START Data extract
-- ===== src/Session/Consistency.antt =====
-- The invariant of the session tables: identifiers are unique, a user has at most one open session
-- of a delivery, and no more sessions of it than the delivery allows.
pub mod Invariant
mod Starting
mod Saving
mod Submitting
pub use Starting.*
pub use Saving.*
pub use Submitting.*
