-- ===== src/Session/Submit/Totals.antt =====
-- What a run of the scoring loop leaves: the total, and the graded responses.
use mathlib.Core.Path.{subst}
use tao_core_go.Prelude.{
  ℕ, Text, false, some, List, [], ◌∷◌, ◌≡◌, refl, sym, ap, ◌∙◌, inl, inr, arith, ◌==◌,
  text_eq_instance, count, text_eq_refl, text_eq_iff,
}
use tao_core_go.Prelude.Rows.{In, IsUnique, In-update_where, In-update_where_hit, count-zero_In}
use tao_core_go.Float.{Float64}
use tao_core_go.Models.{TestItem, ItemResponse}
use tao_core_go.Store.{Db}
use tao_core_go.Session.Lookup.{lookup_test_item}
use tao_core_go.Session.Submit.Scores.{grade, graded_response, Scores, done, next}

module _ {F : Type 0} ⦃float : Float64 F⦄ (fold : ℕ → ℕ) (d : Text) (db : Db F) where
  -- A response's share of the total.
  abbrev pub share : ItemResponse F → F
  share r = (graded_response fold d db r).score_given

  graded_asked :
      (r : ItemResponse F) (ti : TestItem F)
      → lookup_test_item d r.item_id db ≡ some ti
      → graded_response fold d db r
        ≡ record r { score_given = (grade fold ti db r).0; is_correct = (grade fold ti db r).1 }
  unfolding graded_response
  graded_asked r ti asked = rw (asked, graded_response)

  -- The sum of the shares, from a start.
  unfoldable pub sum_shares : F → List (ItemResponse F) → F
  sum_shares total [] = total
  sum_shares total (r ∷ rs) = sum_shares (float.add total (share r)) rs

  -- The total is the sum, in order, of the grades of the responses.
  pub Scores-total :
      {rs rows rows' : List (ItemResponse F)} {total total' : F}
      → Scores fold d db rs total rows total' rows'
      → total' ≡ sum_shares total rs
  unfolding sum_shares
  Scores-total (done total rows) = refl
  Scores-total (next r rs ti total total' rows rows' asked usable rest) =
      Scores-total rest
      ∙ ap (λ g. sum_shares (float.add total g) rs)
          (ap (λ x. x.score_given) (sym (graded_asked r ti asked)))

  -- A row that is none of the responses stays as it is.
  pub Scores-other :
      {rs rows rows' : List (ItemResponse F)} {total total' : F} (x : ItemResponse F)
      → Scores fold d db rs total rows total' rows'
      → In x rows
      → count (λ r. r.id == x.id) rs ≡ 0
      → In x rows'
  unfolding count
  Scores-other x (done total rows) i none_same = i
  Scores-other x (next r rs ti total total' rows rows' asked usable rest) i none_same =
      let other : (r.id == x.id) ≡ false = ground arith in
      let other' : (x.id == r.id) ≡ false =
        ground (arith, text_eq_iff x.id r.id, text_eq_iff r.id x.id) in
      Scores-other x rest (In-update_where _ _ rows x i other') (ground arith)

  IsUnique-tail :
      (r : ItemResponse F) (rs : List (ItemResponse F))
      → IsUnique (λ (x : ItemResponse F). x.id) (r ∷ rs)
      → IsUnique (λ (x : ItemResponse F). x.id) rs
  unfolding count
  IsUnique-tail r rs one i = omega (arith, one i)

  head_once :
      (r : ItemResponse F) (rs : List (ItemResponse F))
      → IsUnique (λ (x : ItemResponse F). x.id) (r ∷ rs)
      → count (λ x. x.id == r.id) rs ≡ 0
  unfolding count
  head_once r rs one = ground (arith, one r.id, text_eq_refl r.id)

  head_other :
      (r : ItemResponse F) (rs : List (ItemResponse F)) (x : ItemResponse F)
      → IsUnique (λ (y : ItemResponse F). y.id) (r ∷ rs)
      → In x rs
      → (x.id == r.id) ≡ false
  unfolding count
  head_other r rs x one i = count-zero_In (λ y. y.id == r.id) rs x (head_once r rs one) i

  -- A response in the table ends up graded.
  pub Scores-graded :
      {rs rows rows' : List (ItemResponse F)} {total total' : F} (x : ItemResponse F)
      → Scores fold d db rs total rows total' rows'
      → IsUnique (λ (r : ItemResponse F). r.id) rs
      → In x rs
      → In x rows
      → In (graded_response fold d db x) rows'
  Scores-graded x (done total rows) one i j = absurd i
  Scores-graded x (next r rs ti total total' rows rows' asked usable rest) one (inl e) j =
      let j' : In r rows = subst (λ y. In y rows) (sym e) j in
      let hit =
        In-update_where_hit (λ y. y.id == r.id)
          (λ y. record y {
            score_given = (grade fold ti db r).0;
            is_correct = (grade fold ti db r).1;
          })
          rows r j' (text_eq_refl r.id) in
      let kept = Scores-other _ rest hit (head_once r rs one) in
      subst (λ y. In (graded_response fold d db y) rows') e
        (subst (λ y. In y rows') (sym (graded_asked r ti asked)) kept)
  Scores-graded x (next r rs ti total total' rows rows' asked usable rest) one (inr i) j =
      Scores-graded x rest (IsUnique-tail r rs one) i
        (In-update_where _ _ rows x j (head_other r rs x one i))
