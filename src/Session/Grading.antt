-- ===== src/Session/Grading.antt =====
-- What `SubmitSession` returns: the grades and the total of a completed session, and the same
-- session again when it was already completed.
use mathlib.Core.Path.{subst}
use tao_core_go.Prelude.{
  ℕ, ◌≤◌, Text, Bool, true, false, some, List, [], ◌∷◌, ◌≡◌, refl, sym, ◌⊎◌, inl, inr, arith, ◌==◌,
  nat_eq, text_eq_instance, text_eq_refl, if◌then◌else◌, find, filter, count, find-test, ◌∙◌, ap,
}
use tao_core_go.Prelude.Rows.{In, IsUnique, In-unique, In-find, In-filter, In-update_where_hit}
use tao_core_go.Float.{Float64}
use tao_core_go.Models.{in_progress, completed, status_eq_instance, TestSession, ItemResponse}
use tao_core_go.Store.{Db, World, Result, ok, err, driver, quiet}
use tao_core_go.Store.Faults.{Outcome, driver_failed, refused, succeeded, transaction-Outcome}
use tao_core_go.Session.{Env}
use tao_core_go.Session.Lookup.{Loaded, owned, responses_of}
use tao_core_go.Session.Submit.{
  submittable, complete, Services, submit_tx, after_submit, submit_session,
}
use tao_core_go.Session.Submit.Scores.{graded_response}
use tao_core_go.Session.Submit.Totals.{sum_shares, Scores-total, Scores-graded}
use tao_core_go.Session.Submit.Faults.{submit_tx-IsRobust}
use tao_core_go.Session.Submit.Outcome.{
  Refused, IsCompleted, Submitted, completed_sessions, submit-Submits, loaded_of, submit_idle,
}
use tao_core_go.Session.Consistency.{submit_session-IsConsistent}
use tao_core_go.Session.Consistency.Invariant.{IsConsistent}

module _ {A : Type 0} where
  In-filter_intro : (p : A → Bool) (xs : List A) (x : A) → In x xs → p x ≡ true → In x (filter p xs)
  unfolding filter
  In-filter_intro p [] x i h = absurd i
  In-filter_intro p (y ∷ ys) x (inl e) h =
      let hit : p y ≡ true = subst (λ z. p z ≡ true) (sym e) h in rw hit (inl e)
  In-filter_intro p (y ∷ ys) x (inr i) h =
      let later = In-filter_intro p ys x i h in
      elim (p y) as (λ b. In x (if b then y ∷ filter p ys else filter p ys)) [
        | true ↦ inr later
        | false ↦ later
      ]

  count-filter_le : (p q : A → Bool) (xs : List A) → count q (filter p xs) ≤ count q xs
  unfolding filter count
  count-filter_le p q [] = omega arith
  count-filter_le p q (x ∷ xs) = ground (arith, count-filter_le p q xs)

module _ {F : Type 0} ⦃float : Float64 F⦄ (fold : ℕ → ℕ) (env : Env) (sid uid : Text) where
  -- The row that is read again is the completed row of the session.
  pub reread_row :
      {db db' : Db F} {loaded : Loaded F} (k : IsCompleted fold env sid uid db loaded db')
      → IsConsistent db'
      → In loaded.session db'.sessions × (complete env.now k.total k.session ≡ loaded.session)
  unfolding complete submittable
  reread_row {db = db} {db' = db'} {loaded = loaded} k c' =
      let listed : In k.session db.sessions =
        In-find (owned sid uid) db.sessions k.session k.found in
      let hit =
        In-update_where_hit (submittable k.session.id k.session.user_id) (complete env.now k.total)
          db.sessions k.session listed
          (ground (arith, k.active, text_eq_refl k.session.id, text_eq_refl k.session.user_id)) in
      let again : In loaded.session (completed_sessions fold env sid uid db k.session k.total) =
        In-find (λ r. r.id == k.session.id) _ loaded.session k.reread in
      let unique : count (λ r. r.id == k.session.id)
            (completed_sessions fold env sid uid db k.session k.total)
          ≤ 1 =
        subst (λ (t : Db F). count (λ r. r.id == k.session.id) t.sessions ≤ 1) k.updated
          (c'.session_ids k.session.id) in
      (
        subst (λ (t : Db F). In loaded.session t.sessions) (sym k.updated) again,
        In-unique (λ r. r.id == k.session.id) _ _ loaded.session unique hit again
            (ground (arith, text_eq_refl k.session.id))
            (find-test (λ r. r.id == k.session.id) _ _ k.reread),
      )

  -- A session as `SubmitSession` returns it when it completes it.
  pub record IsGraded (db : Db F) (loaded : Loaded F) : Type 0 where
    -- the row before
    pub session : TestSession F
    pub found : find (owned sid uid) db.sessions ≡ some session
    pub active : session.status ≡ in_progress
    pub closed : loaded.session.status ≡ completed
    pub finished : loaded.session.finished_at ≡ some env.now
    -- the total is the sum of the grades
    pub total :
        loaded.session.total_score
        ≡ sum_shares fold session.delivery_id db float.zero (responses_of session.id db)
    -- every answer is there with its grade
    pub answers :
        (r : ItemResponse F)
        → In r (responses_of session.id db)
        → In (graded_response fold session.delivery_id db r) loaded.responses

  module _ (db : Db F) (c : IsConsistent db) where
    responses-IsUnique : (i : Text) → IsUnique (λ (r : ItemResponse F). r.id) (responses_of i db)
    unfolding responses_of
    responses-IsUnique i j = omega (
      arith,
      c.response_ids j,
      count-filter_le (λ (r : ItemResponse F). r.session_id == i) (λ r. r.id == j) db.responses,
    )

    -- An answer keeps its session when it is graded.
    graded_session :
        (d : Text) (r : ItemResponse F) → (graded_response fold d db r).session_id ≡ r.session_id
    unfolding graded_response
    graded_session d r = ground arith

    completed_session_id :
        (s : TestSession F) (total : F)
        → ((complete env.now total s).id ≡ s.id)
          × ((complete env.now total s).status ≡ completed)
          × ((complete env.now total s).finished_at ≡ some env.now)
          × ((complete env.now total s).total_score ≡ total)
    unfolding complete
    completed_session_id s total = (ground arith, ground arith, ground arith, ground arith)

    IsCompleted-IsGraded :
        {db' : Db F} {loaded : Loaded F}
        → IsCompleted fold env sid uid db loaded db'
        → IsConsistent db'
        → IsGraded db loaded
    unfolding responses_of
    IsCompleted-IsGraded {loaded = loaded} k c' =
        let row = (reread_row k c').1 in
        let (same_id, closed, finished, total) = completed_session_id k.session k.total in
        record {
          session = k.session;
          found = k.found;
          active = k.active;
          closed = subst (λ (s : TestSession F). s.status ≡ completed) row closed;
          finished = subst (λ (s : TestSession F). s.finished_at ≡ some env.now) row finished;
          total =
              subst
                (λ (s : TestSession F).
                  s.total_score
                  ≡ sum_shares fold k.session.delivery_id db float.zero
                      (responses_of k.session.id db))
                row (total ∙ Scores-total fold k.session.delivery_id db k.scored);
          answers = λ r i.
              let (j, mine) =
                In-filter (λ (x : ItemResponse F). x.session_id == k.session.id) db.responses r i in
              let graded =
                Scores-graded fold k.session.delivery_id db r k.scored
                  (responses-IsUnique k.session.id) i j in
              let kept = graded_session k.session.delivery_id r in
              let same : k.session.id ≡ loaded.session.id = sym same_id ∙ ap (λ s. s.id) row in
              rw k.listed (
                In-filter_intro (λ (x : ItemResponse F). x.session_id == loaded.session.id) k.rows _
                  graded (rw (kept, ← same) mine));
        }

  pub record Resubmitted (db : Db F) (loaded : Loaded F) : Type 0 where
    pub found : find (owned sid uid) db.sessions ≡ some loaded.session
    pub closed : loaded.session.status ≡ completed
    pub listed : loaded.responses ≡ responses_of loaded.session.id db

  Submits-IsGraded :
      (w : World F)
      → IsConsistent w.db
      → (r : Result (Loaded F × Bool)) (db' : Db F)
      → Outcome w.db (Refused fold env sid uid w.db) (Submitted fold env sid uid w.db) r db'
      → IsConsistent db'
      → (services : Services) (loaded : Loaded F) → (after_submit services r).0 ≡ ok loaded
      → IsGraded w.db loaded ⊎ Resubmitted w.db loaded
  unfolding after_submit
  Submits-IsGraded w c r db' driver_failed c' services loaded h = cc
  Submits-IsGraded w c r db' (refused e q) c' services loaded h = cc
  Submits-IsGraded w c r db' (succeeded (l, true) _ k) c' services loaded h =
      let same : l ≡ loaded = cc in
      subst (λ x. IsGraded w.db x ⊎ Resubmitted w.db x) same
        (inl (IsCompleted-IsGraded w.db c k c'))
  Submits-IsGraded w c r db' (succeeded (l, false) _ k) c' services loaded h =
      let same : l ≡ loaded = cc in
      subst (λ x. IsGraded w.db x ⊎ Resubmitted w.db x) same
        (inr (record { found = k.found; closed = k.finished; listed = k.listed }))

  -- In consistent tables, a submission that returns a session either returns the user's session in
  -- progress, now completed at this moment, with the sum of the grades as its total and every
  -- answer of it with its grade, or returns a session of the user that was completed before, with
  -- its answers.
  pub submit_session-IsGraded :
      (services : Services) (w : World F) (loaded : Loaded F)
      → IsConsistent w.db
      → (submit_session fold services env sid uid w).0.0 ≡ ok loaded
      → IsGraded w.db loaded ⊎ Resubmitted w.db loaded
  unfolding submit_session
  submit_session-IsGraded services w loaded c h =
      Submits-IsGraded w c _ _ (submit-Submits fold env sid uid w)
        (submit_session-IsConsistent fold services env sid uid w c) services loaded h

  module _ (s : TestSession F) (db : Db F) (found : find (owned sid uid) db.sessions ≡ some s)
      (closed : s.status ≡ completed) where
    idle_run :
        submit_tx fold env sid uid (quiet db)
        ≡ (ok (loaded_of fold env sid uid db s, false), quiet db)
    idle_run =
        rw (submit_idle fold env sid uid db s found (ground (arith, closed)))
          (ground (arith, closed))

  -- What a repeated submission ends in.
  abbrev Repeats : Services → TestSession F → Db F → Result (Loaded F × Bool) → Db F → Type 0
  Repeats services s db r db' =
      (db' ≡ db)
      × ((after_submit services r).1 ≡ [])
      × (((after_submit services r).0 ≡ ok (loaded_of fold env sid uid db s))
          ⊎ ((after_submit services r).0 ≡ err driver))

  Outcome-Repeats :
      (services : Services) (s : TestSession F) (db : Db F) (r : Result (Loaded F × Bool))
      (db' : Db F)
      → Outcome db (λ e. ⊥) (λ x y. (x ≡ (loaded_of fold env sid uid db s, false)) × (y ≡ db)) r db'
      → Repeats services s db r db'
  unfolding after_submit
  Outcome-Repeats services s db r db' driver_failed = (refl, refl, inr refl)
  Outcome-Repeats services s db r db' (refused e q) = absurd q
  Outcome-Repeats services s db r db' (succeeded x _ (same, kept)) = rw same (kept, refl, inl refl)

  -- Submitting a completed session again changes no table, sets nothing off, and returns the
  -- session as it is or the driver's error.
  pub submit_session_again :
      (services : Services) (s : TestSession F) (w : World F)
      → find (owned sid uid) w.db.sessions ≡ some s
      → s.status ≡ completed
      → let x = submit_session fold services env sid uid w in
        (x.1.db ≡ w.db)
        × (x.0.1 ≡ [])
        × ((x.0.0 ≡ ok (record { session = s; responses = responses_of s.id w.db }))
            ⊎ (x.0.0 ≡ err driver))
  unfolding submit_session
  submit_session_again services s w found closed = Outcome-Repeats services s w.db _ _ (
      transaction-Outcome (submit_tx fold env sid uid) (submit_tx-IsRobust fold env sid uid) _ _ w
        (rw (idle_run s w.db found closed) (refl, refl)))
END Data extract
Problem to work on: Take the lines from the first line of the listing up to and including the line with "share r = (graded_response" and give them again exactly.

Result of this task:
-- ===== src/Session/Consistency.antt =====
-- The invariant of the session tables: identifiers are unique, a user has at most one open session
-- of a delivery, and no more sessions of it than the delivery allows.
pub mod Invariant
mod Starting
mod Saving
mod Submitting
pub use Starting.*
pub use Saving.*
pub use Submitting.*
-- ===== src/Session/Submit/Totals.antt =====
-- What a run of the scoring loop leaves: the total, and the graded responses.
use mathlib.Core.Path.{subst}
use tao_core_go.Prelude.{
  ℕ, Text, false, some, List, [], ◌∷◌, ◌≡◌, refl, sym, ap, ◌∙◌, inl, inr, arith, ◌==◌,
  text_eq_instance, count, text_eq_refl, text_eq_iff,
}
use tao_core_go.Prelude.Rows.{In, IsUnique, In-update_where, In-update_where_hit, count-zero_In}
use tao_core_go.Float.{Float64}
use tao_core_go.Models.{TestItem, ItemResponse}
use tao_core_go.Store.{Db}
use tao_core_go.Session.Lookup.{lookup_test_item}
use tao_core_go.Session.Submit.Scores.{grade, graded_response, Scores, done, next}

module _ {F : Type 0} ⦃float : Float64 F⦄ (fold : ℕ → ℕ) (d : Text) (db : Db F) where
  -- A response's share of the total.
  abbrev pub share : ItemResponse F → F
  share r = (graded_response fold d db r).score_given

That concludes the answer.